To manually advance the replication truncation point, create a job to run the sp_repldone procedure.

EXEC sp_repldone @xactid = NULL, @xact_segno = NULL, @numtrans = 0, @time = 0, @reset = 1

While the sp_repldone procedure does not truncate the transaction log, it moves the replication truncation point so that subsequent backups or log management tasks can perform truncation.

After running the sp_repldone procedure, ensure the session used to execute the command is closed. SQL Server associates the execution of sp_repldone with the session in which it was run. If the session remains open, it holds a lock on the replication truncation point, preventing other processes, such as HVA, from functioning correctly.

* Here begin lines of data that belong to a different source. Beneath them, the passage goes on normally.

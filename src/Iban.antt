-- ===== src/Iban.antt =====
-- Iban of src/console/jsre/deps/web3.js: bank account numbers of the scheme XE, which wrap an
-- address (direct, in base 36) or an institution with a client (indirect).
pub mod Mod97
pub mod Checksum
pub mod Validity
pub mod Detection
pub mod Direct
pub mod Runaway
mod Tests
use ultron.Prelude.{
  ℕ, zero, suc, ◌+◌, ◌-◌, ◌*◌, Bool, true, false, ◌&&◌, ◌||◌, Option, none, some, List, [], ◌∷◌,
  ◌++◌, map, if◌then◌else◌, ltb, leb, ◌==◌, length, take, drop, replicate,
}
use mathlib.Core.List.{flat_map}
use ultron.Prelude.Int.{pos, negsuc, ◌-ℤ◌}
use ultron.Text.{
  Text, codes, text_eq, starts_with, substr, take_last, is_digit, is_upper, to_upper, all,
}
use ultron.Text.Number.{Number, nan, int, parse_int, remainder, number_text}
use ultron.BigNumber.{BigNumber}

-- The object holds its text only.
pub record Iban : Type 0 where
  pub iban : Text

-- The loop adds a zero until there are `bytes * 2` characters.
unfoldable pub pad_left : Text → ℕ → Text
pad_left string bytes = replicate (bytes * 2 - length string) b'0' ++ string

-- A = 10, ..., Z = 35; any other character stays.
unfoldable pub letter_text : ℕ → Text
unfolding number_text
letter_text n = if is_upper n then number_text (int (pos (n - b'A' + 10))) else n ∷ []

unfoldable pub iso13616_prepare : Text → Text
unfolding letter_text to_upper
iso13616_prepare iban =
    let upper = map to_upper iban in flat_map letter_text (drop 4 upper ++ take 4 upper)

-- The `while` loop on fuel: `none` means that it ran out.
unfoldable pub mod9710 : ℕ → Text → Option Number
unfolding parse_int number_text
mod9710 zero text = none
mod9710 (suc fuel) text =
    let block = take 9 text in
    let shorter = number_text (remainder (parse_int block) 97) ++ drop (length block) text in
    let rest = mod9710 fuel shorter in
    if ltb 2 (length text) then rest else some (remainder (parse_int text) 97)

-- 98 - remainder
abbrev pub complement_98 : Number → Number
complement_98 nan = nan
complement_98 (int r) = int (pos 98 -ℤ r)

unfoldable pub check_digits : Number → Text
unfolding number_text ◌-ℤ◌
check_digits r = take_last 2 (b'0' ∷ number_text (complement_98 r))

infixl 5 ◌>>=◌
abbrev ◌>>=◌ {ℓ κ} : {A : Type ℓ} {B : Type κ} → Option A → (A → Option B) → Option B
none >>= k = none
some a >>= k = k a

unfoldable pub from_bban : ℕ → Text → Option Iban
unfolding mod9710 iso13616_prepare check_digits
from_bban fuel bban = do
  r ← mod9710 fuel (iso13616_prepare (codes "XE" ++ (codes "00" ++ bban)))
  some (record { iban = codes "XE" ++ (check_digits r ++ bban) })

unfoldable pub create_indirect : ℕ → Text → Text → Option Iban
create_indirect fuel institution identifier =
    from_bban fuel (codes "ETH" ++ (institution ++ identifier))

abbrev pub is_alphanumeric : ℕ → Bool
is_alphanumeric c = is_digit c || is_upper c

-- ETH[0-9A-Z]{13}|[0-9A-Z]{30,31}
unfoldable pub is_bban : Text → Bool
unfolding starts_with
is_bban s =
    (starts_with (codes "ETH") s && length (drop 3 s) == 13 && all is_alphanumeric (drop 3 s))
    || (all is_alphanumeric s && (length s == 30 || length s == 31))

-- /^XE[0-9]{2}(ETH[0-9A-Z]{13}|[0-9A-Z]{30,31})$/
unfoldable pub has_iban_form : Text → Bool
unfolding is_bban starts_with
has_iban_form s =
    starts_with (codes "XE") s
    && length (substr s 2 2) == 2
    && all is_digit (substr s 2 2)
    && is_bban (drop 4 s)

abbrev is_one : Number → Bool
is_one (int (pos n)) = n == 1
is_one _ = false

-- The checksum is computed only for a text of the form.
unfoldable pub is_valid : ℕ → Iban → Option Bool
unfolding mod9710 iso13616_prepare has_iban_form
is_valid fuel i =
    let checked = mod9710 fuel (iso13616_prepare i.iban) >>= λ r. some (is_one r) in
    if has_iban_form i.iban then checked else some false

unfoldable pub is_direct : Iban → Bool
is_direct i = length i.iban == 34 || length i.iban == 35

unfoldable pub is_indirect : Iban → Bool
is_indirect i = length i.iban == 20

unfoldable pub checksum : Iban → Text
checksum i = substr i.iban 2 2

unfoldable pub institution : Iban → Text
institution i = if is_indirect i then substr i.iban 7 4 else []

unfoldable pub client : Iban → Text
client i = if is_indirect i then drop 11 i.iban else []

module _ (b : BigNumber) where
  open b use {of_text, to_text}

  unfoldable pub from_address : ℕ → Text → Option Iban
  from_address fuel address =
      from_bban fuel (map to_upper (pad_left (to_text 36 (of_text 16 address)) 15))

  unfoldable pub address : Iban → Text
  address i = if is_direct i then pad_left (to_text 16 (of_text 36 (drop 4 i.iban))) 20 else []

Log truncation method: decision flowchart

This flowchart illustrates the decision-making process we use to determine the appropriate method to advance the replication truncation point based on your database configuration. For detailed information about each method, refer to the table above.

Auto Log Truncation

Read-only secondary replica indicates whether the database is a read-only secondary replica in an Always On Availability Group, used for failover and offloading read workloads while restricting data modifications..

FAQ and Troubleshooting

Why does HVA drop CDC capture jobs?
HVA drops CDC capture jobs to avoid conflicts with its change data capture process. This ensures smooth operation and prevents duplication of effort.
What happens if CDC jobs are not named using HVA conventions?
HVA recognizes CDC jobs created with its naming convention (hvr_<object_id>). Jobs outside this convention are not managed automatically by HVA.
How does HVA handle adding new tables to replication?
When new tables are added to an existing replication setup:
- Review whether CDC jobs for the new tables are required.
- Verify that the truncation point is not held unnecessarily due to conflicting configurations.
How frequently should log truncation occur?
The frequency of log truncation depends on how long you intend to retain transactions and your available disk space. To ensure all transactions are processed, log truncation should not occur more frequently than your connection sync frequency. It is recommended to set a log retention period of a few days.

Changing recovery model

When switching the database recovery model from full to either bulk-logged or simple, the format of the transaction logs changes. This can cause your connection to fail. To resolve this issue, you should revert the recovery model back to full and then initiate the connection resync. This is required to ensure full integrity of the delivered data.

Migrating service providers

If you want to migrate service providers, you need to do a full re-sync of your data because the new service provider won't retain the same change tracking data as your original SQL Server database.